Agora, com a mesma estratégia do Aproximar, o Executivo está a proceder à descentralização de competências nas áreas da Educação, Saúde e Cultura, negociando estas medidas com vários municípios. A área mais avançada é a Educação, que conta já com 13 municípios – Águeda, Amadora, Batalha, Cascais, Crato, Matosinhos, Óbidos, Oeiras, Oliveira de Azeméis, Oliveira do Bairro, Souselo, Vila de Rei e Vila Nova de Famalicão – que no próximo mês de setembro terão escolas geridas por si. Estes municípios vão assim poder decidir sobre a constituição das turmas, horários e calendário escolar, assim como definir a oferta de disciplinas na escola, desde que cumpram as metas curriculares definidas pelo Ministério da Educação. As assembleias municipais vão agora deliberar sobre o contrato destes municípios com o Estado, tendo sido Cascais o primeiro município a conseguir esta aprovação.

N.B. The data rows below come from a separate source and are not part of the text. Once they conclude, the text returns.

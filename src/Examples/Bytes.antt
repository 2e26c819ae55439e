-- ===== src/Examples/Bytes.antt =====
-- Records, segments and frames with a checksum that is always 7.
use rstmdb.Base.{ℕ, ◌≡◌, refl, List, [], ◌∷◌, ◌++◌, some, none, true, arith, take, drop}
use rstmdb.Base.Result.{ok}
use rstmdb.Wal.Record.{WalRecord, WalEntryType, layout, decode, new_record, disk_size}
use rstmdb.Wal.Record.RoundTrip.{IsValid, decode-layout, decode-take, decode-Accepted, Accepted}
use rstmdb.Wal.Segment.{read_all}
use rstmdb.Wal.Segment.ReadAll.{placed, Torn, Torn-take, read_all-layouts}
use rstmdb.Protocol.Frame.{Frame, encode, new_frame}
use rstmdb.Protocol.Frame
use rstmdb.Protocol.Frame.RoundTrip
use rstmdb.Protocol.Frame.RoundTrip.{decode-encode}
use rstmdb.Protocol.Codec.{Messages, encode_message}
use rstmdb.Protocol.Codec.Stream.{IsSent, Wrote, Reads, decode_message-Wrote}

abbrev seven : List ℕ → ℕ
seven bytes = 7

abbrev a_record : WalRecord
a_record = new_record seven WalEntryType.apply_event 5 (123 ∷ 125 ∷ [])

a_record-IsValid : IsValid seven a_record
unfolding new_record
a_record-IsValid = record {
  flags_byte = omega arith;
  len = refl;
  len_max = omega arith;
  checksum = refl;
  crc_word = omega arith;
  sequence_word = omega arith;
}

decode-layout_example :
    decode seven (layout a_record ++ (1 ∷ 2 ∷ [])) 40 ≡ (ok (some a_record), 1 ∷ 2 ∷ [])
decode-layout_example = decode-layout seven a_record (1 ∷ 2 ∷ []) 40 a_record-IsValid

decode-take_example :
    decode seven (take 25 (layout a_record)) 40 ≡ (ok none, take 25 (layout a_record))
unfolding disk_size new_record
decode-take_example = decode-take seven a_record 25 40 a_record-IsValid (omega arith)

decode-Accepted_example : Accepted seven (layout a_record ++ (1 ∷ 2 ∷ [])) a_record (1 ∷ 2 ∷ [])
decode-Accepted_example =
    decode-Accepted seven (layout a_record ++ (1 ∷ 2 ∷ [])) 40 decode-layout_example

abbrev tail : List ℕ
tail = take 25 (layout a_record)

tail-Torn : Torn seven tail
unfolding disk_size new_record
tail-Torn = Torn-take seven a_record 25 a_record-IsValid (omega arith)

read_all-layouts_example :
    read_all seven (take 10 (layout a_record ++ tail) ∷ drop 10 (layout a_record ++ tail) ∷ [])
    ≡ ok (placed 0 (a_record ∷ []))
unfolding new_record layout
read_all-layouts_example =
    read_all-layouts seven
      (take 10 (layout a_record ++ tail) ∷ drop 10 (layout a_record ++ tail) ∷ []) (a_record ∷ [])
      tail (a_record-IsValid, tt) tail-Torn refl

abbrev a_frame : Frame
a_frame = new_frame (123 ∷ 125 ∷ [])

a_frame-IsValid : RoundTrip.IsValid a_frame
unfolding new_frame Frame.no_flags Frame.with_crc
a_frame-IsValid = record {
  version = refl;
  flags = omega arith;
  extension = omega arith;
  payload = omega arith;
}

decode-encode_example :
    Frame.decode seven (Frame.layout seven a_frame ++ (82 ∷ [])) ≡ (ok (some a_frame), 82 ∷ [])
unfolding encode new_frame Frame.no_flags Frame.with_crc
decode-encode_example =
    decode-encode seven a_frame (Frame.layout seven a_frame) (82 ∷ []) a_frame-IsValid (omega arith)
      refl

-- Messages that are bytes, and their own JSON.
abbrev messages : Messages (List ℕ)
messages = record {
  crc32c = seven;
  to_vec = λ m. some m;
  is_utf8 = λ m. true;
  from_str = λ m. some m;
}

two_bytes-IsSent : IsSent messages (123 ∷ 125 ∷ []) (123 ∷ 125 ∷ [])
two_bytes-IsSent = record {
  written = refl;
  utf8 = refl;
  read = refl;
  fits = omega arith;
  checksum = omega arith;
}

abbrev sent : List ℕ
sent = Frame.layout seven a_frame ++ (Frame.layout seven a_frame ++ [])

sent-Wrote : Wrote messages ((123 ∷ 125 ∷ []) ∷ (123 ∷ 125 ∷ []) ∷ []) sent
unfolding encode_message encode new_frame Frame.no_flags Frame.with_crc
sent-Wrote = Wrote.wrote two_bytes-IsSent refl (Wrote.wrote two_bytes-IsSent refl Wrote.nothing)

decode_message-Wrote_example :
    Reads messages
      (record { buffer = sent ++ (82 ∷ 67 ∷ []) })
      ((123 ∷ 125 ∷ []) ∷ (123 ∷ 125 ∷ []) ∷ [])
      (record { buffer = 82 ∷ 67 ∷ [] })
decode_message-Wrote_example = decode_message-Wrote messages (82 ∷ 67 ∷ []) sent-Wrote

As responsabilidades na Saúde e na Cultura continuam a ser negociadas. Ao Observador, Álvaro Amaro, presidente da Câmara da Guarda, diz que até agora sempre tinha havido resistência por parte da administração central de fazer esta partilha de competências. “Custa-me perceber como é que os meus colegas do PS discordam disto, a não ser de um ponto de vista político”, refere o autarca social-democrata. A Guarda está em negociações para descentralizar as responsabilidades sobre o museu local que poderá passar para a autarquia. Amaro diz que se trata de “um processo” e que a partir do momento em que houver um contrato estabelecido, “não vai ser possível recuar”, mesmo que, no futuro, outro Governo pretenda retomar estas responsabilidades.